Task details>
Report every line of the entries that contains the word "exactly".

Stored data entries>
<<<<

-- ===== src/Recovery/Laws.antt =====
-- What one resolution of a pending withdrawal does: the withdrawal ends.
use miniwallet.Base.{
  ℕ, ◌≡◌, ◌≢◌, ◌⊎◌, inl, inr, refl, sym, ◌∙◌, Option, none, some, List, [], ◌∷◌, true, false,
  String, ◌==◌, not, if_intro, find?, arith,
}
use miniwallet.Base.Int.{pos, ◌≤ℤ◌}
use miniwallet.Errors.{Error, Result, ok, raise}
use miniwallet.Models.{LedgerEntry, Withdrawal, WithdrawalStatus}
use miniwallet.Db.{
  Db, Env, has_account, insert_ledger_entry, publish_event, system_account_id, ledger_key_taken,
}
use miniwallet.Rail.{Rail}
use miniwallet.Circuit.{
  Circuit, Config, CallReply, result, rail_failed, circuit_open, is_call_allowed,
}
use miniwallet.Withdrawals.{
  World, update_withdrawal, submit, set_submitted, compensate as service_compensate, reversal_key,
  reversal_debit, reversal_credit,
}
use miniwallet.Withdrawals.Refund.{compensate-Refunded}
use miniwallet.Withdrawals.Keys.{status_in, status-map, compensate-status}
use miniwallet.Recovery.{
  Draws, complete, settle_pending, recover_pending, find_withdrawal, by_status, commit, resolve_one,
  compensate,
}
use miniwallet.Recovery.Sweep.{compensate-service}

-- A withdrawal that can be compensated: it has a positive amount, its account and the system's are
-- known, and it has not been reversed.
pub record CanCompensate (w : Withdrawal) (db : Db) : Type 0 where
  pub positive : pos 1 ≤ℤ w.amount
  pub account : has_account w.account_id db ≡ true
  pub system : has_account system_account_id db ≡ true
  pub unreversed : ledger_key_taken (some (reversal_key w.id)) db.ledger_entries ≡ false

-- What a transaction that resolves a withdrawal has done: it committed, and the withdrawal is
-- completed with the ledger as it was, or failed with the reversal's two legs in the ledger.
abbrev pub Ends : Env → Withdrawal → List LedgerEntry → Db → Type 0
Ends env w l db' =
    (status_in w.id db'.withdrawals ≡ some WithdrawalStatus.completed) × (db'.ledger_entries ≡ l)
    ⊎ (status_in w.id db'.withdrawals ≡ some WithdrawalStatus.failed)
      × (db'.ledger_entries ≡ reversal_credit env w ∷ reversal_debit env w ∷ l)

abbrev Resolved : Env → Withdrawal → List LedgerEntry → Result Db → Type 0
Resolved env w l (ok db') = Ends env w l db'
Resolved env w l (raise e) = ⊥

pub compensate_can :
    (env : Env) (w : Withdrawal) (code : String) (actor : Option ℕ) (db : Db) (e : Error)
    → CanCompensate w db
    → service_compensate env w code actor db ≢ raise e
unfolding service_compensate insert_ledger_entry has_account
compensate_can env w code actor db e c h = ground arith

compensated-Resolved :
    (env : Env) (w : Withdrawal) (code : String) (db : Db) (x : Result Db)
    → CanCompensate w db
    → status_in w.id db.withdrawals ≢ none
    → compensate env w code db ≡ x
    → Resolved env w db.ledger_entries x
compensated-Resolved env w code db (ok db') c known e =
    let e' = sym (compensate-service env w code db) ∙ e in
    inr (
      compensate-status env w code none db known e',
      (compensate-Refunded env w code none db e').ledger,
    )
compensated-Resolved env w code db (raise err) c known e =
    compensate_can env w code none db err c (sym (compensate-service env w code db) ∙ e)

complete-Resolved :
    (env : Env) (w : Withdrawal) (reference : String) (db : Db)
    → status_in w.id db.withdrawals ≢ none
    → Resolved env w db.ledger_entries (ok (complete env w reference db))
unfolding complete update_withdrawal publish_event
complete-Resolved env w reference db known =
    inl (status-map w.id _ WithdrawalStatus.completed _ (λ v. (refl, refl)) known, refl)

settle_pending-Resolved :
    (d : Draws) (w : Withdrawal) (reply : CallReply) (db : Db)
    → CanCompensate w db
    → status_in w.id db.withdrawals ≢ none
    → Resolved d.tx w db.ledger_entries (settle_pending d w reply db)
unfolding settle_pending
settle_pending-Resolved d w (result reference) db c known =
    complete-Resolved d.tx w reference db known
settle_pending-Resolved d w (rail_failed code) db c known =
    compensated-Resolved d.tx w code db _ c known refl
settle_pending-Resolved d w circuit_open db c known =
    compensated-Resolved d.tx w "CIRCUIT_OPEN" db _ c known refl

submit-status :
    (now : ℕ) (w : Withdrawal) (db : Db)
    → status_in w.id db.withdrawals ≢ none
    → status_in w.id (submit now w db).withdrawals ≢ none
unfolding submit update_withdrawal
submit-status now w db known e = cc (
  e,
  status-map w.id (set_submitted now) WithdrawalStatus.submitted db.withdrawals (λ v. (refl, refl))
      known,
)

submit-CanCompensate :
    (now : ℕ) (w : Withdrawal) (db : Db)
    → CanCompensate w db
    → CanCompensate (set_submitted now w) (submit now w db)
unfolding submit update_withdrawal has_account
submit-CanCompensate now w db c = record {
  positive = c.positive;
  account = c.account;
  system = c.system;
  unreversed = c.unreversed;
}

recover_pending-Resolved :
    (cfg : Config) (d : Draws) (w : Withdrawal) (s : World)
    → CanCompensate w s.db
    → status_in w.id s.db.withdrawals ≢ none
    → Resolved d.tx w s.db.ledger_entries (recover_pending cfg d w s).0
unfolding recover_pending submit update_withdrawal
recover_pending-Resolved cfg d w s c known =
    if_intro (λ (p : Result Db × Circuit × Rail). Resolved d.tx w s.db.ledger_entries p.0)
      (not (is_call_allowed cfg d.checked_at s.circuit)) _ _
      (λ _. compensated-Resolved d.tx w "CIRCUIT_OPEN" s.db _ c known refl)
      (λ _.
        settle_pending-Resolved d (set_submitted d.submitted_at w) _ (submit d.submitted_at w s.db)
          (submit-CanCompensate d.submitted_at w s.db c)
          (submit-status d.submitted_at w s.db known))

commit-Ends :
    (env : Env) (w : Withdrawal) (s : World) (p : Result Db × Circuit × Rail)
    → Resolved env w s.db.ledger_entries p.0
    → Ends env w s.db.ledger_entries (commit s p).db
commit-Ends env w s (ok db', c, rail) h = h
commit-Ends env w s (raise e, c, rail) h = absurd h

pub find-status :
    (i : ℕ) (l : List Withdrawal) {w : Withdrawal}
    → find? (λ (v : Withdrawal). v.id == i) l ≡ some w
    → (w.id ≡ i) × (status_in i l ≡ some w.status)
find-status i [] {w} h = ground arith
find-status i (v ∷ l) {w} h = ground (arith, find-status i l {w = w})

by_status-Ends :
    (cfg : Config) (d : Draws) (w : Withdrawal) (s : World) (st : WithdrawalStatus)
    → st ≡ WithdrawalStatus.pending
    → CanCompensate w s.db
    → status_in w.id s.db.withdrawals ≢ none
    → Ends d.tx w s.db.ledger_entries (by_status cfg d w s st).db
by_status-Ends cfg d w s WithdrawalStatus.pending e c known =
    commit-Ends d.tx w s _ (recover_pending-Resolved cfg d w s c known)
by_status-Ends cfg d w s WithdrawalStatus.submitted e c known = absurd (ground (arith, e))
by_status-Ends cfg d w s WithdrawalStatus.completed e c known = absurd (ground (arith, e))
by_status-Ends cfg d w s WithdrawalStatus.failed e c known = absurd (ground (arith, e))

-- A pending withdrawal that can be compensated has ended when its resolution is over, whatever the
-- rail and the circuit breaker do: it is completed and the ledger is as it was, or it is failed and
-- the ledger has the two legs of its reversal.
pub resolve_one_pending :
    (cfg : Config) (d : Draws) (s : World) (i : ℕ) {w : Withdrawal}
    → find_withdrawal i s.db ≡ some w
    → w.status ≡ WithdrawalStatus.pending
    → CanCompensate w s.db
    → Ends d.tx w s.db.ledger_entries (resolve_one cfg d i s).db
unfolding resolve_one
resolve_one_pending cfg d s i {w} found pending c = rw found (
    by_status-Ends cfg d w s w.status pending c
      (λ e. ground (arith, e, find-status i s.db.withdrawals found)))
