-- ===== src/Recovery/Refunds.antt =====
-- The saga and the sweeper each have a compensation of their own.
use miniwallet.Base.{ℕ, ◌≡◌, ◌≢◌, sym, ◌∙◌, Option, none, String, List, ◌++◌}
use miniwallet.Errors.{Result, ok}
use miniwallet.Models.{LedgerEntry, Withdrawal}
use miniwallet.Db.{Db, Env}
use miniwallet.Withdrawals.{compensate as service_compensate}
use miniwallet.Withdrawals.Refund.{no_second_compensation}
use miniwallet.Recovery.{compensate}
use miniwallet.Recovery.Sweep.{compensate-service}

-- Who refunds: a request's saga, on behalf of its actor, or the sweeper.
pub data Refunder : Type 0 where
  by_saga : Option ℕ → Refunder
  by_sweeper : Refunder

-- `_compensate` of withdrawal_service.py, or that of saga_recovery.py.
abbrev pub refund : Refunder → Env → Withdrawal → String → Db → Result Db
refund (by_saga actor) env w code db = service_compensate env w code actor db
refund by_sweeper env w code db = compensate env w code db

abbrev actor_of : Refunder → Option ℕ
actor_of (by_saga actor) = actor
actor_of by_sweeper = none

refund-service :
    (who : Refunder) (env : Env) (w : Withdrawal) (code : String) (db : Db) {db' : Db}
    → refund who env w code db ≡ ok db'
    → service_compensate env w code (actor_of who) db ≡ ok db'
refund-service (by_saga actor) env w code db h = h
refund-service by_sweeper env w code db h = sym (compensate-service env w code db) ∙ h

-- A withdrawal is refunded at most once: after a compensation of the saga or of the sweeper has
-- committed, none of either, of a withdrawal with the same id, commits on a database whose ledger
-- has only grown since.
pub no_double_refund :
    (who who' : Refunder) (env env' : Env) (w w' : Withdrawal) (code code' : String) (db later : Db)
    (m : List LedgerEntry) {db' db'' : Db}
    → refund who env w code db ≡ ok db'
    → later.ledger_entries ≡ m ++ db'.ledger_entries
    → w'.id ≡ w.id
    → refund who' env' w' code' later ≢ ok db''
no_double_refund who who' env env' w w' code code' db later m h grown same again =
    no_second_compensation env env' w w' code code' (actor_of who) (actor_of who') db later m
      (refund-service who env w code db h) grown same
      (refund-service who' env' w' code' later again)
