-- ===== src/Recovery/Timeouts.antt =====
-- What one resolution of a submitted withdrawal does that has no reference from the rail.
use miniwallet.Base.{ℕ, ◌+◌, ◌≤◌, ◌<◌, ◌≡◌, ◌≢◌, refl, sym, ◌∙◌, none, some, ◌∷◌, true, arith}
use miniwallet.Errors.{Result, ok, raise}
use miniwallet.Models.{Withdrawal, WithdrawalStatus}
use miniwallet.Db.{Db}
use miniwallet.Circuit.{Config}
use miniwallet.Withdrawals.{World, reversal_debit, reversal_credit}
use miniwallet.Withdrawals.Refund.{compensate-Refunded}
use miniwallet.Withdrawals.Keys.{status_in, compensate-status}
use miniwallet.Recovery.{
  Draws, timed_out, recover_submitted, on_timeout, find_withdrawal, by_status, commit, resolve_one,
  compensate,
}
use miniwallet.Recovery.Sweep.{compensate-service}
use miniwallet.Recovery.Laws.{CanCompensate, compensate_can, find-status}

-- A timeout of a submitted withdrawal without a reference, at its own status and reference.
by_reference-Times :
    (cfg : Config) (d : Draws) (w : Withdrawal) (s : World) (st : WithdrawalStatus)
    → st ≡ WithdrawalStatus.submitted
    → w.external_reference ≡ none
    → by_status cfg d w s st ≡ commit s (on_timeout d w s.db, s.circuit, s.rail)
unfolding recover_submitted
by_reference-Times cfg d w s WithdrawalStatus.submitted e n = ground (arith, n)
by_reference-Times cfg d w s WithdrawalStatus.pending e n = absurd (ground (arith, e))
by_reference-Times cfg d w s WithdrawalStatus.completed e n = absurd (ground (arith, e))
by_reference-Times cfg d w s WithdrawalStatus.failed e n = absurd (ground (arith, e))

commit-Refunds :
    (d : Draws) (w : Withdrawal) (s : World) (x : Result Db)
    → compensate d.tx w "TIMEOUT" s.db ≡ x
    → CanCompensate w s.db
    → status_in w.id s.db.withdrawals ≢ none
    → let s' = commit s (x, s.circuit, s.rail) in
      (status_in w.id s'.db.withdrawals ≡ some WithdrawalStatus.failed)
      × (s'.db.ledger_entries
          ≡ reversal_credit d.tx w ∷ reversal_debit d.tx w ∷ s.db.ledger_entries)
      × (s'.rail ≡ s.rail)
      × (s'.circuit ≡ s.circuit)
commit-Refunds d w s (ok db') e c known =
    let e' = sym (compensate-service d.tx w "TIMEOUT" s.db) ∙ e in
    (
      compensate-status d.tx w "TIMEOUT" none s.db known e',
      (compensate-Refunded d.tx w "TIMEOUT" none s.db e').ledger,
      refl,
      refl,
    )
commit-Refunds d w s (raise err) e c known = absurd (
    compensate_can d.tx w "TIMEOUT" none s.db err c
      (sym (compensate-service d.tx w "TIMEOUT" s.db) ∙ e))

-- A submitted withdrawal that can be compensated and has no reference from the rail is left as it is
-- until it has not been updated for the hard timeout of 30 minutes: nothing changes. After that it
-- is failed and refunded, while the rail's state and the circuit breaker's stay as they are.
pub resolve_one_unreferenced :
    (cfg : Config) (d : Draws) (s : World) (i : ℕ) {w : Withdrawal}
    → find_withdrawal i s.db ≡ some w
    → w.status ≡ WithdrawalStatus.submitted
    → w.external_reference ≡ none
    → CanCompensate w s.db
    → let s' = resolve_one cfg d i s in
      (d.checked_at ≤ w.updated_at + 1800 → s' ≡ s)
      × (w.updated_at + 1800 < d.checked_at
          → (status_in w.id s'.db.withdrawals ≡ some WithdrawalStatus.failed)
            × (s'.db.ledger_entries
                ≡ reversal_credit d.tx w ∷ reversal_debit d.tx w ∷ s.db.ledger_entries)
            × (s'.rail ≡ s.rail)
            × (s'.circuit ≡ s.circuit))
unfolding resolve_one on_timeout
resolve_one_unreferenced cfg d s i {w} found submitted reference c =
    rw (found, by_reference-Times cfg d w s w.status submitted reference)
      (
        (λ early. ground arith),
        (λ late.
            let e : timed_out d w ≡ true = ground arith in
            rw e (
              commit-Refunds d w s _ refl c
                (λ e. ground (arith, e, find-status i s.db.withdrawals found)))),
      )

>>>>
<<<<

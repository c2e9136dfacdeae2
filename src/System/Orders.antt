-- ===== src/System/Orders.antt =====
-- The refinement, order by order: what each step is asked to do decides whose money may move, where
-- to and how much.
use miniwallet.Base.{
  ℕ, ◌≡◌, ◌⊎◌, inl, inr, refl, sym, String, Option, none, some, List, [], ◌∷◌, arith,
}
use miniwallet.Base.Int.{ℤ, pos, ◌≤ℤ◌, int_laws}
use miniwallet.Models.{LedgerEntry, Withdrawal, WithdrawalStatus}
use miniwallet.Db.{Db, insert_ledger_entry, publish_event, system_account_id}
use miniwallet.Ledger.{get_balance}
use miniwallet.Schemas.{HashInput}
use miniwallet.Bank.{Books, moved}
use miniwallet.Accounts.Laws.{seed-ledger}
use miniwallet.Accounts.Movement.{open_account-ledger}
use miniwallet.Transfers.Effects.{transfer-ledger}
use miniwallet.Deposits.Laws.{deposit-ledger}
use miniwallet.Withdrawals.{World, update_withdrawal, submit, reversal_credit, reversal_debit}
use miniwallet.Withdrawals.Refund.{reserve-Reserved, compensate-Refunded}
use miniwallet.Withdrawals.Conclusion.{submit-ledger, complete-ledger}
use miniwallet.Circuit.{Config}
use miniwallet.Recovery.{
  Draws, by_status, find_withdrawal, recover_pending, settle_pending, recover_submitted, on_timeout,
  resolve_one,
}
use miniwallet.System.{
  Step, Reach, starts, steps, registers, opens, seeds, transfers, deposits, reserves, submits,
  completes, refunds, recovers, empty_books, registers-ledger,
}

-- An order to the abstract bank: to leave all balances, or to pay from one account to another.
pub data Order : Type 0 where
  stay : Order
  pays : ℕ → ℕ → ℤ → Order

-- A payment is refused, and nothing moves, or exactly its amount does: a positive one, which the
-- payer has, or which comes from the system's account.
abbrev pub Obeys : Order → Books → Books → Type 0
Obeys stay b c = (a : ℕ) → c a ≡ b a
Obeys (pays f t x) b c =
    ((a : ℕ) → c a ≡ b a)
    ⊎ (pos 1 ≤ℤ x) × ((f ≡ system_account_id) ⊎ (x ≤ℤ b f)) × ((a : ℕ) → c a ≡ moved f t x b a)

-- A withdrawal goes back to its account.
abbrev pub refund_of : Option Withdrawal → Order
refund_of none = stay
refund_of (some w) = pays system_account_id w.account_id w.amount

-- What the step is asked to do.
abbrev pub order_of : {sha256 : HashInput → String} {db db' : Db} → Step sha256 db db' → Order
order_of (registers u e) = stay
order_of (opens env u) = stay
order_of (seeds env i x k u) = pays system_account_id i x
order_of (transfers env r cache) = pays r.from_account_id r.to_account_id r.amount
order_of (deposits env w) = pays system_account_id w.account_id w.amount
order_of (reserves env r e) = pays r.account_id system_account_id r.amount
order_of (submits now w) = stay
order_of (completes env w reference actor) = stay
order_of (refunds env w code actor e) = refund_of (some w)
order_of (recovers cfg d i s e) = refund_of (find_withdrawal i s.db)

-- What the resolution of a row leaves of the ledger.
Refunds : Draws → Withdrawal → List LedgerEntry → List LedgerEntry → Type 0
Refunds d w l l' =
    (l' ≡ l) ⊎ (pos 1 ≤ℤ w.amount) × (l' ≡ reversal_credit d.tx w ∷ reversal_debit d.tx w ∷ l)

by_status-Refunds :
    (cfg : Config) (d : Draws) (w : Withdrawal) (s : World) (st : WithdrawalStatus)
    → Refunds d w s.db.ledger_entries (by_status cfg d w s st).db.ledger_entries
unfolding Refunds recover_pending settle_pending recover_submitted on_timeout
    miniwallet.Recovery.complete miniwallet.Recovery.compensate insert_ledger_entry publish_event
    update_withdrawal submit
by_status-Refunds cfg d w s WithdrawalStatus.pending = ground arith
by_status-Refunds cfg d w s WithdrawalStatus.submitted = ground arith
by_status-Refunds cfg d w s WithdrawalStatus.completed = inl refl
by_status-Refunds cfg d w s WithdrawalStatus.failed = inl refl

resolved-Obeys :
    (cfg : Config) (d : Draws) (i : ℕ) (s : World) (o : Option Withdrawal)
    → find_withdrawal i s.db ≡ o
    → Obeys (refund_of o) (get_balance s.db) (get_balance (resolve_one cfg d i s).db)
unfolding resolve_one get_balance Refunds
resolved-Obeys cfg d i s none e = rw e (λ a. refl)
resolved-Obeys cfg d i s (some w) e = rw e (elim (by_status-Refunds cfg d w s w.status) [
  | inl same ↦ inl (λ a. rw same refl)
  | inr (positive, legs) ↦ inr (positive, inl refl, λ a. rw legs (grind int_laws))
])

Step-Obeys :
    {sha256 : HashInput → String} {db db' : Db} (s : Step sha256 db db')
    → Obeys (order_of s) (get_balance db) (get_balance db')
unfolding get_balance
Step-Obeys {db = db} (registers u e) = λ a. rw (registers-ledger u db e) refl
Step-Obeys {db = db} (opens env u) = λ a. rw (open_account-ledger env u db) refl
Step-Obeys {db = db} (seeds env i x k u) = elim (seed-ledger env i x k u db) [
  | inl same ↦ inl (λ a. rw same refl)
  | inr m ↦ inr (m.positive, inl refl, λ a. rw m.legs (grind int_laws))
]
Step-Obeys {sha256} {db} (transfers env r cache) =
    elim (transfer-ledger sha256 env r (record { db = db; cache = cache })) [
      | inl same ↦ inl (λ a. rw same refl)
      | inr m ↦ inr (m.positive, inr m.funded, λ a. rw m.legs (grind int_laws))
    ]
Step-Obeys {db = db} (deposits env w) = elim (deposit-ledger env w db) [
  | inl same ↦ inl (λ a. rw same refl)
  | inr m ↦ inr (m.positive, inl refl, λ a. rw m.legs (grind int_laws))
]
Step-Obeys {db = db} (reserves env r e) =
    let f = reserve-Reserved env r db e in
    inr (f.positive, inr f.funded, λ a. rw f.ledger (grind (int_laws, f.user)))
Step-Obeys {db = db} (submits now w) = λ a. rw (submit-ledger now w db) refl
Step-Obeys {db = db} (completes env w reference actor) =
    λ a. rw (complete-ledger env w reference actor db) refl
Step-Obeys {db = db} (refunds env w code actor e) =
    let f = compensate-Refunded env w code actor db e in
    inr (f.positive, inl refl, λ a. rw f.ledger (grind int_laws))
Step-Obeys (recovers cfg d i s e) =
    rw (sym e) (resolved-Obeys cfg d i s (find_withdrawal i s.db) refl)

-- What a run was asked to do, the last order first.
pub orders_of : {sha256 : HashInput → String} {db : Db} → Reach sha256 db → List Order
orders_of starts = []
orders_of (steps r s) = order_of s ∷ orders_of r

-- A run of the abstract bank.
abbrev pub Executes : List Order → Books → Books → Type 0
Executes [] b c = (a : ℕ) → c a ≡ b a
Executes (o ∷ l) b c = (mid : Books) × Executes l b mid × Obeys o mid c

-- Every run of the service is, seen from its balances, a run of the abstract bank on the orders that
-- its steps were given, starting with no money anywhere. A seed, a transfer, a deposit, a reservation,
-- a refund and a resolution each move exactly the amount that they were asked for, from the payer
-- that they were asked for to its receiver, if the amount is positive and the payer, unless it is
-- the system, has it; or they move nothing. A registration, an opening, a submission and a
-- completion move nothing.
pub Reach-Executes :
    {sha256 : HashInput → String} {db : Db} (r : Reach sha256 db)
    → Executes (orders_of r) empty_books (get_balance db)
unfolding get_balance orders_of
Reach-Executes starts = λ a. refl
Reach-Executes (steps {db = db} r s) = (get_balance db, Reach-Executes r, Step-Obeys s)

>>>>
<<<<

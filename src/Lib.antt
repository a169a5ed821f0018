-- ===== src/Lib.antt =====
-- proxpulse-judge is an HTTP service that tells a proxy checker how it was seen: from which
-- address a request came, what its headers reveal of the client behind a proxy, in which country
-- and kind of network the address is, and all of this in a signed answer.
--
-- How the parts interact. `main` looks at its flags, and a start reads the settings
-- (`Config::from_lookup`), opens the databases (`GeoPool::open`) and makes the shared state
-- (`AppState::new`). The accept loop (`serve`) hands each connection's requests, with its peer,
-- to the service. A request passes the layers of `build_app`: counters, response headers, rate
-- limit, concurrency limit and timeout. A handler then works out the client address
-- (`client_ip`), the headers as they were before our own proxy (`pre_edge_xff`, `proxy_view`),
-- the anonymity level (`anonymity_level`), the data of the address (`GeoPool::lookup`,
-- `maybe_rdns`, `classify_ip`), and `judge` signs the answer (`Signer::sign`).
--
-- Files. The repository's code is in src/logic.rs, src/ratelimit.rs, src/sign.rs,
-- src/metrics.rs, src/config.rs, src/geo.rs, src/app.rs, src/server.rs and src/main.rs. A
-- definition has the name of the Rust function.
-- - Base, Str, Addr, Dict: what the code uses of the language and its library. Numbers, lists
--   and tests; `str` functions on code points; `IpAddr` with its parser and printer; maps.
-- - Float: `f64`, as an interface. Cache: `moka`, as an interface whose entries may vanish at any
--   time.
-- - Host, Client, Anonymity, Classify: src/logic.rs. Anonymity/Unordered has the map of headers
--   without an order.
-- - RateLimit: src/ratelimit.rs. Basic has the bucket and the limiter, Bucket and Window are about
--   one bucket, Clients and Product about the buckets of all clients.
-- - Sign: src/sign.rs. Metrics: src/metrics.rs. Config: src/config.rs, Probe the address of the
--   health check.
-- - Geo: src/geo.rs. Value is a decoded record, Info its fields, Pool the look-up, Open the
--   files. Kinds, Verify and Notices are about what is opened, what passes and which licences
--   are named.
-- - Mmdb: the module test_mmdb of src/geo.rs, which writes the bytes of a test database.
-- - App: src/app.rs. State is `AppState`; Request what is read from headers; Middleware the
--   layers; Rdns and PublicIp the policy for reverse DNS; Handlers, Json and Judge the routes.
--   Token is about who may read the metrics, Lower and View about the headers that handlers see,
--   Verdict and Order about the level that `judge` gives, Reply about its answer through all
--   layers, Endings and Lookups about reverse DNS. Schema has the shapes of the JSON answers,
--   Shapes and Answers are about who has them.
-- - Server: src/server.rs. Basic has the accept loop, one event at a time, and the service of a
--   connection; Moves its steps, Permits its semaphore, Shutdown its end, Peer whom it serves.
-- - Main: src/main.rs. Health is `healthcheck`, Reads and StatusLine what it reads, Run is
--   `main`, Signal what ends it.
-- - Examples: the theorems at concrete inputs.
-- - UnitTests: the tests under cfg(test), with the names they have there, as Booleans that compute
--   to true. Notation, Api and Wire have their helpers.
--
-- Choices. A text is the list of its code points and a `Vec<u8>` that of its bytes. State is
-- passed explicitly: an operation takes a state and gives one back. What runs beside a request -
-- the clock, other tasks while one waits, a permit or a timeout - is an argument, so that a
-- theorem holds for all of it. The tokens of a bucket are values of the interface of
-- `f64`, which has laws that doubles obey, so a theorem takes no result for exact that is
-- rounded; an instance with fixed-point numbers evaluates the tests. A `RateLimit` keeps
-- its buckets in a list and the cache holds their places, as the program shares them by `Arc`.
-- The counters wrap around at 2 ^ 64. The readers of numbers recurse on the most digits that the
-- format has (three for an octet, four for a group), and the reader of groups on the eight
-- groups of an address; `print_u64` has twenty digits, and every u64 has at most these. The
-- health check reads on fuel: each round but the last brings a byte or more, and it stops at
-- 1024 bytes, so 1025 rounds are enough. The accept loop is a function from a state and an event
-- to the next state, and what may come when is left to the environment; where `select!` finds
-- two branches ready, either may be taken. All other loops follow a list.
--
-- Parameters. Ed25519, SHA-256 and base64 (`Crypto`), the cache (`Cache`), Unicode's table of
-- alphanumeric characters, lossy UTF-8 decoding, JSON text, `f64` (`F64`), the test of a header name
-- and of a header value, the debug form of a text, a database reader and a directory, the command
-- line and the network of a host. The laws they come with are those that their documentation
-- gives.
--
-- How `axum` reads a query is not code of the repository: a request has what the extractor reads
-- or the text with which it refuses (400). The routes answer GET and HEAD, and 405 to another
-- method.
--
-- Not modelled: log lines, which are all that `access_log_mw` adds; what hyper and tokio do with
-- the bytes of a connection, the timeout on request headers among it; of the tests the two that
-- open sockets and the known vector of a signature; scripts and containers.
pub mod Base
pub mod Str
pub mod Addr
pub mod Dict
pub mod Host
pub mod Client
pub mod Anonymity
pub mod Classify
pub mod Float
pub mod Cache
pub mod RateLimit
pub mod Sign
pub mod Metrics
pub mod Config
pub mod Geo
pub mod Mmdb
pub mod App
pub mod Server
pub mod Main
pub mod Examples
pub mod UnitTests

>>>>

Response for this exercise>
-- A payment is refused, and nothing moves, or exactly its amount does: a positive one, which the
-- a refund and a resolution each move exactly the amount that they were asked for, from the payer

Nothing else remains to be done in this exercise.